State v. Bruns - 172 N.J. 40, 796 A.2d 226 (2002)

Rule:

Even under New Jersey's broad rule of standing for search and seizure purposes, there must be at a minimum some contemporary connection between the defendant and the place searched or the items seized. Suppression of the product of a Fourth Amendment violation can be successfully urged only by those whose rights were violated by the search itself, not by those who are aggrieved solely by the introduction of damaging evidence.

Facts:

Police stopped a driver, Lynette Edwards, for a traffic violation, and then arrested her when they discovered several outstanding warrants. In a search pursuant to that arrest, they discovered and impounded a knife and a toy gun. Later, it was discovered that those items were linked to an armed robbery that occurred a week before the traffic stop, in which John Bruns and Edwards were both implicated.  The Superior Court, Appellate Division (New Jersey), reversed Bruns’ armed robbery conviction on grounds that the evidence used to convict him should have been suppressed. The State appealed from that judgment reversing defendant's armed robbery conviction.

Issue:

Did the intermediate court err in reversing Bruns’ armed robbery conviction on grounds that the evidence used to convict him should have been suppressed?

Answer:

Yes

Conclusion:

The Supreme Court of New Jersey held that, even though N.J. Const. art.
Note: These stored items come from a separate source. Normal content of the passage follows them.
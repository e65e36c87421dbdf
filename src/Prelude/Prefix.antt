-- ===== src/Prelude/Prefix.antt =====
-- `strncmp` against a string without a NUL is the test for a prefix.
use mathlib.Core.Path.{◌≡◌, refl}
use mathlib.Core.Bool.{true, false}
use mathlib.Core.List.{[], ◌∷◌, ◌++◌}
use mathlib.Core.Logic.{inl, inr}
use native.Mathlib.Omega.{arith}
use nginx_http_sentinel_modu.Prelude.Tests.{◌==◌, ==_iff, Bool-cases}
use nginx_http_sentinel_modu.Prelude.Lists.{All, length, drop}
use nginx_http_sentinel_modu.Prelude.Strings.{Bytes, strncmp_eq}

-- A string without a NUL byte.
abbrev pub NoNul : Bytes → Type 0
NoNul = All (λ b. (b == 0) ≡ false)

pub strncmp_prefix :
    (s t : Bytes) → NoNul t → strncmp_eq s t (length t) ≡ true → s ≡ t ++ drop (length t) s
unfolding strncmp_eq
strncmp_prefix s [] n h = refl
strncmp_prefix [] (b ∷ t) n h = ground arith
strncmp_prefix (a ∷ s) (b ∷ t) n h = elim (Bool-cases (a == b)) [
  | inl e ↦
      let same : a ≡ b = (==_iff a b).0 e in
      let rest = strncmp_prefix s t n.1 in ground (arith, rest, n.0)
  | inr e ↦ ground arith
]

pub prefix_strncmp : (t s : Bytes) → strncmp_eq (t ++ s) t (length t) ≡ true
unfolding strncmp_eq
prefix_strncmp [] s = refl
prefix_strncmp (b ∷ t) s = ground (arith, prefix_strncmp t s)
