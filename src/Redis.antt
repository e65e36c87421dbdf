-- ===== src/Redis.antt =====
-- sentinel_redis.c: the client that shares bans between nodes, one for each worker. The state and
-- the life of its connection; `Pull` reads the remote bans, `Push` publishes the local ones, `Run`
-- has the timer and the callbacks as steps. hiredis and the event loop are a parameter: what they
-- answer during one call is a `World`.
mod Tests
pub mod Cursor
pub mod Pull
pub mod Pattern
pub mod Push
pub mod Publish
pub mod Share
pub mod Run
use nginx_http_sentinel_modu.Prelude.{
  ℕ, ◌*◌, ◌%◌, ◌^◌, Bool, true, false, List, [], ◌∷◌, ◌++◌, Option, none, some, ltb, ◌==◌,
  if◌then◌else◌, length, Bytes,
}

-- `sentinel_redis_state_e`
pub data LinkState : Type 0 where
  down connecting up : LinkState

abbrev pub is_down : LinkState → Bool
is_down down = true
is_down _ = false

abbrev pub is_up : LinkState → Bool
is_up up = true
is_up _ = false

-- The commands that the client issues. A pattern that the C string of SCAN runs past is `none`.
pub data Command : Type 0 where
  auth : Bytes → Command
  scan : ℕ → Option Bytes → Command
  get : Bytes → Bytes → Command
  publish : Bytes → Bytes → ℕ → Command

-- `sentinel_redis_ctx_t`: whether there is a context and an nginx connection, the delay of the
-- timer when it is set, and the commands that hiredis has taken, oldest first.
pub record Client : Type 0 where
  pub state : LinkState
  pub ac : Bool
  pub conn : Bool
  pub backoff : ℕ
  pub scan_cursor : ℕ
  pub pull_inflight : Bool
  pub auth_pending : Bool
  pub timer : Option ℕ
  pub sent : List Command

-- The fields of the location's configuration.
pub record RedisConf : Type 0 where
  pub password : Bytes
  pub prefix : Bytes
  pub interval : ℕ

-- What `redisAsyncFree` calls back before it returns: the clean-up hook, the disconnect callback,
-- and the callbacks of unanswered AUTH and SCAN commands with a NULL reply.
pub data Notice : Type 0 where
  released disconnected auth_dropped scan_dropped : Notice

-- Whether the process is exiting, the connect call succeeds and its descriptor gets a connection,
-- which commands are taken, and what a free calls back.
pub record World : Type 0 where
  pub exiting : Bool
  pub opened : Bool
  pub attached : Bool
  pub accepts : Command → Bool
  pub freed : List Notice

-- `NGX_SENTINEL_REDIS_BACKOFF_MIN_MS` and `NGX_SENTINEL_REDIS_BACKOFF_MAX_MS`
abbrev pub backoff_min : ℕ
backoff_min = 500

abbrev pub backoff_max : ℕ
backoff_max = 30000

-- The delay that is used, and the one that follows it.
abbrev pub at_least_min : ℕ → ℕ
at_least_min b = if ltb b backoff_min then backoff_min else b

abbrev pub next_backoff : ℕ → ℕ
next_backoff b =
    let doubled = b * 2 % 2 ^ 64 in if ltb backoff_max doubled then backoff_max else doubled

-- `sentinel_redis_schedule_reconnect`
unfoldable pub schedule_reconnect : Bool → Client → Client
schedule_reconnect exiting c = if exiting then c else record c {
  timer = some (at_least_min c.backoff);
  backoff = next_backoff (at_least_min c.backoff);
}

-- sentinel_redis_teardown up to the test of the context.
abbrev pub reset_link : Client → Client
reset_link c = record c {
  state = down;
  pull_inflight = false;
  auth_pending = false;
  scan_cursor = 0;
}

-- sentinel_redis_teardown without a context.
abbrev pub drop_conn : Client → Client
drop_conn c = record (reset_link c) { conn = false }

-- `sentinel_redis_on_disconnect`, and sentinel_redis_on_connect with an error.
unfoldable pub on_disconnect : Bool → Client → Client
on_disconnect exiting c = schedule_reconnect exiting (drop_conn (record c { ac = false }))

-- One callback of a free: the context is NULL by then.
unfoldable pub run_notice : Bool → Notice → Client → Client
run_notice exiting released c = record c { conn = false }
run_notice exiting disconnected c = on_disconnect exiting c
run_notice exiting auth_dropped c =
    schedule_reconnect exiting (drop_conn (record c { auth_pending = false }))
run_notice exiting scan_dropped c = record c { pull_inflight = false }

unfoldable pub run_notices : Bool → List Notice → Client → Client
run_notices exiting [] c = c
run_notices exiting (n ∷ ns) c = run_notices exiting ns (run_notice exiting n c)

-- `sentinel_redis_teardown`
unfoldable pub teardown : World → Client → Client
teardown w c =
    if c.ac
    then run_notices w.exiting w.freed (record (reset_link c) { ac = false })
    else drop_conn c

-- `sentinel_redis_on_connect`; `connected` is the status REDIS_OK.
unfoldable pub on_connect : World → Bool → Client → Client
on_connect w connected c =
    if connected then record c { state = up; backoff = backoff_min } else on_disconnect w.exiting c

-- `sentinel_redis_auth_reply`; `accepted` is a reply other than an error.
unfoldable pub auth_reply : World → Bool → Client → Client
auth_reply w accepted c =
    let c' = record c { auth_pending = false } in
    if accepted then c' else schedule_reconnect w.exiting (teardown w c')

-- The optional AUTH of sentinel_redis_connect.
unfoldable pub authenticate : World → RedisConf → Client → Client
authenticate w conf c =
    let c' = record c { auth_pending = true } in
    if length conf.password == 0
    then c
    else if w.accepts (auth conf.password)
    then record c' { sent = c.sent ++ (auth conf.password ∷ []) }
    else schedule_reconnect w.exiting (teardown w c')

-- sentinel_redis_connect behind the test of the state.
unfoldable pub open_link : World → RedisConf → Client → Client
open_link w conf c =
    if w.opened
    then (if w.attached
        then authenticate w conf (record c { ac = true; state = connecting; conn = true })
        else schedule_reconnect w.exiting (record c { ac = false; state = down }))
    else schedule_reconnect w.exiting c

-- `sentinel_redis_connect`
unfoldable pub connect : World → RedisConf → Client → Client
connect w conf c = if is_down c.state then open_link w conf c else c
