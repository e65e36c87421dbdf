-- ===== src/Redis/Cursor.antt =====
-- sentinel_redis_parse_cursor against the value of a decimal string.
use nginx_http_sentinel_modu.Prelude.{
  ℕ, ◌+◌, ◌-◌, ◌*◌, ◌/◌, ◌%◌, ◌^◌, ◌<◌, ◌≤◌, ◌≡◌, refl, Bool, true, false, [], ◌∷◌, ◌++◌, ltb, ◌||◌,
  if◌then◌else◌, arith, All, Bytes,
}

-- A byte that is not a digit.
abbrev no_digit : ℕ → Bool
no_digit c = ltb c b'0' || ltb b'9' c

-- The loop, from the value read so far.
unfoldable pub cursor_loop : ℕ → Bytes → ℕ
cursor_loop v [] = v
cursor_loop v (c ∷ s) =
    let rest = cursor_loop ((v * 10 + (c - b'0')) % 2 ^ 64) s in
    if no_digit c then v else if ltb ((2 ^ 64 - 1) / 10) v then 0 else rest

-- `sentinel_redis_parse_cursor`
unfoldable pub parse_cursor : Bytes → ℕ
parse_cursor s = cursor_loop 0 s

-- The number that decimal digits denote, behind the digits of `v`.
abbrev decimal_from : ℕ → Bytes → ℕ
decimal_from v [] = v
decimal_from v (c ∷ s) = decimal_from (v * 10 + (c - b'0')) s

abbrev pub decimal : Bytes → ℕ
decimal s = decimal_from 0 s

abbrev IsDigit : ℕ → Type 0
IsDigit c = no_digit c ≡ false

-- A string that starts with no digit.
abbrev EndsNumber : Bytes → Type 0
EndsNumber [] = Unit
EndsNumber (c ∷ s) = no_digit c ≡ true

decimal_from-le : (v : ℕ) (s : Bytes) → v ≤ decimal_from v s
decimal_from-le v [] = omega arith
decimal_from-le v (c ∷ s) = omega (arith, decimal_from-le (v * 10 + (c - b'0')) s)

cursor_loop_end : (v : ℕ) (t : Bytes) → EndsNumber t → cursor_loop v t ≡ v
unfolding cursor_loop
cursor_loop_end v [] e = refl
cursor_loop_end v (c ∷ t) e = ground arith

cursor_loop_digits :
    (v : ℕ) (s t : Bytes)
    → All IsDigit s
    → EndsNumber t
    → decimal_from v s < 2 ^ 64
    → cursor_loop v (s ++ t) ≡ decimal_from v s
unfolding cursor_loop
cursor_loop_digits v [] t d e h = cursor_loop_end v t e
cursor_loop_digits v (c ∷ s) t d e h =
    let v' = v * 10 + (c - b'0') in
    let le = decimal_from-le v' s in
    let same : v' % 2 ^ 64 ≡ v' = omega (arith, le, h) in
    let rest = cursor_loop_digits v' s t d.1 e h in
    let small : ltb ((2 ^ 64 - 1) / 10) v ≡ false = ground (arith, le, h) in
    rw (d.0, small, same) rest

-- A cursor that the server sends in decimal digits is read back as its number when that is below
-- 2^64, whatever follows the digits.
pub parse_cursor_lem :
    (s t : Bytes)
    → All IsDigit s
    → EndsNumber t
    → decimal s < 2 ^ 64
    → parse_cursor (s ++ t) ≡ decimal s
unfolding parse_cursor
parse_cursor_lem s t d e h = cursor_loop_digits 0 s t d e h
I, para. 7 was interpreted as providing broader standing to challenge warrantless searches than U.S. Const. amend. IV in that instead of having to show a reasonably expectation of privacy, a defendant was required to show only a personal, possessory interest in the items seized, Bruns failed to satisfy even that broad standard. His relationship to the evidence was attenuated in time, because the robbery had occurred a week earlier, and he asserted no ownership interest in the vehicle, which was searched pursuant to a valid arrest. There was no reason to think he had not abandoned whatever ownership interest he once had. The state supreme court reversed the the appellate division's judgment and reinstated Bruns' conviction.